I just read the following post of Mark DeHaan <> of 23 Jan:

>With regard to my earlier post on DATE addition/subtraction, >it was kindly pointed out that the resulting date is _not_ >rounded, but rather truncated. (I didn't check my pgm and my personal >CPU {my mind} is pentium-like). Sorry. I wanted to note this to prevent >someone from getting bit on my account. Anyway, one _can_ round the value >if that is what you want, or print the fractional part.

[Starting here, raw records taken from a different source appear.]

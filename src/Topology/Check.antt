-- ===== src/Topology/Check.antt =====
-- topology_aware_update_plan.py: validate_update_plan, the check that every rank makes of a plan. The
-- size of the process group is an argument.
use acvjepa_project.Prelude.Int.{ℤ, pos, pos_part, neg_part, sub_ℕ, ◌+ℤ◌, ltb_ℤ, leb_ℤ, int_eq}
use acvjepa_project.Prelude.Float.{Floats}
use acvjepa_project.Prelude.Hashing.{Hashing}
use acvjepa_project.Prelude.{
  if◌then◌else◌, string_eq, nat_eq, ◌==◌, length, set_size, same_set, Result, ok, err, check, ◌+◌,
  ◌*◌, String, Bool, not, ◌&&◌, ◌||◌, List, [], ◌∷◌, ◌++◌,
}
use acvjepa_project.Topology.Types.{
  PlanError, world_size_differs, topology_differs, work_differs, bad_metadata, bad_rank_entries,
  bad_assignment, bad_total, facts_differ, bad_micro_batches, bad_local_samples, bad_scale,
  LocalTopologyRecord, TopologyManifest, WorkItem, TopologyRankUpdatePlan, TopologyAwareUpdatePlan,
  node_eq, range_from, list_beq, work_ids, validate_manifest, topology_digest_of, digest_work,
}

abbrev pub sum_ℤ : List ℤ → ℤ
sum_ℤ [] = pos 0
sum_ℤ (n ∷ ns) = n +ℤ sum_ℤ ns

-- `a * b` on integers.
abbrev pub times_ℤ : ℤ → ℤ → ℤ
times_ℤ a b =
    sub_ℕ (pos_part a * pos_part b + neg_part a * neg_part b)
      (pos_part a * neg_part b + neg_part a * pos_part b)

module _ {F : Type 0} where
  abbrev pub planned_ids : List (TopologyRankUpdatePlan F) → List String
  planned_ids [] = []
  planned_ids (r ∷ rs) = r.work_item_ids ++ planned_ids rs

  abbrev pub planned_ranks : List (TopologyRankUpdatePlan F) → List ℤ
  planned_ranks [] = []
  planned_ranks (r ∷ rs) = r.rank ∷ planned_ranks rs

  abbrev pub planned_samples : List (TopologyRankUpdatePlan F) → List ℤ
  planned_samples [] = []
  planned_samples (r ∷ rs) = r.local_samples ∷ planned_samples rs

  abbrev pub has_facts : TopologyRankUpdatePlan F → LocalTopologyRecord F → Bool
  has_facts r topo =
      r.node_id == topo.node_id
      && r.local_rank == topo.local_rank
      && r.nic_id == topo.nic_id
      && r.rail_id == topo.rail_id

module _ {F : Type 0} (fl : Floats F) where
  -- The body of the loop of validate_update_plan.
  abbrev pub check_rank :
      F → TopologyRankUpdatePlan F → LocalTopologyRecord F → Result PlanError (Unit {0})
  check_rank expected r topo =
      if not (has_facts r topo)
      then err facts_differ
      else if ltb_ℤ r.micro_batches (pos 1) || not (pos (length r.work_item_ids) == r.micro_batches)
      then err bad_micro_batches
      else if not (r.local_samples == times_ℤ r.micro_batches r.samples_per_micro_batch)
      then err bad_local_samples
      else check (fl.is_close (fl.ratio (pos 1) 1000000000000) r.loss_sum_scale expected) bad_scale

  -- `for rank_plan, topo in zip(plan.ranks, manifest.ranks)`
  abbrev pub check_ranks :
      F
      → List (TopologyRankUpdatePlan F)
      → List (LocalTopologyRecord F)
      → Result PlanError (Unit {0})
  check_ranks expected [] topos = ok tt
  check_ranks expected (r ∷ rs) [] = ok tt
  check_ranks expected (r ∷ rs) (topo ∷ topos) =
      let rest = check_ranks expected rs topos in
      elim (check_rank expected r topo) [ err e ↦ err e | ok _ ↦ rest ]

  -- The guards of validate_update_plan after the digest of the work.
  abbrev pub check_plan :
      TopologyAwareUpdatePlan F
      → TopologyManifest F
      → List (WorkItem F)
      → Result PlanError (Unit {0})
  check_plan plan m items =
      let planned = planned_ids plan.ranks in
      if ltb_ℤ plan.plan_version (pos 1)
        || leb_ℤ plan.global_samples (pos 0)
        || not (fl.is_finite plan.target_update_ms)
      then err bad_metadata
      else if not (list_beq (planned_ranks plan.ranks) (range_from 0 (pos_part plan.world_size)))
      then err bad_rank_entries
      else if not (same_set planned (work_ids items))
          || not (length planned == set_size (work_ids items))
      then err bad_assignment
      else if not (plan.global_samples == sum_ℤ (planned_samples plan.ranks))
      then err bad_total
      else check_ranks (fl.ratio plan.world_size (pos_part plan.global_samples)) plan.ranks m.ranks

  abbrev pub check_digest :
      String → Result PlanError String → Result PlanError (Unit {0}) → Result PlanError (Unit {0})
  check_digest expected (err e) rest = err e
  check_digest expected (ok d) rest = if not (expected == d) then err work_differs else rest

  -- `validate_update_plan`, in a process group of a size.
  unfoldable pub validate_update_plan :
      Hashing
      → ℤ
      → TopologyAwareUpdatePlan F
      → TopologyManifest F
      → List (WorkItem F)
      → Result PlanError (Unit {0})
  validate_update_plan h group plan m items = elim (validate_manifest fl m) [
    | err e ↦ err e
    | ok _ ↦
        if not (plan.world_size == group) || not (plan.world_size == m.world_size)
        then err world_size_differs
        else if not (plan.topology_epoch == m.topology_epoch)
            || not (plan.topology_digest == topology_digest_of fl h m)
        then err topology_differs
        else check_digest plan.work_manifest_digest (digest_work fl h items)
            (check_plan plan m items)
  ]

In fact, it is not completely accurate to say that it is truncated (i.e., SAS Int() function), either. What actually happens is the equivalent of a SAS Floor() function. (Of course, Int() and Floor() are the same for positive numbers, but are different for negative numbers.) The following little program illustrates this:

Data _Null_; A = 1; B = 1.9; C = -1; D = -1.1; * Note this value in particular.; Put (A B C D) (Date. +1); Run;

If you run this, you will find that the output is:

02JAN60 02JAN60 31DEC59 30DEC59

If you think about it, you will see that it is completely logical that Floor() is "used" rather than Int(). If we take a value of 0 as representing midnight of 1 Jan 1960 (i.e., the very beginning of the year 1960), then a value of -1.1 would represent 9:36 p.m. on 30 Dec 1959. While this is closer to midnight of 31 Dec than it is to midnight of 30 Dec, there is no question that if you asked someone what the date was at 9:36 p.m. on 30 Dec 1959, the correct answer would be 30 Dec and not 31 Dec. This is the answer that SAS gives in the program above. If it truncated or rounded, it would "get the wrong answer" and print D as 31DEC59. (Admittedly, in some programming situations, it might be desirable to round D off to 31DEC59.) It is heartening to find that the SAS Institute has given careful thought to small details such as this.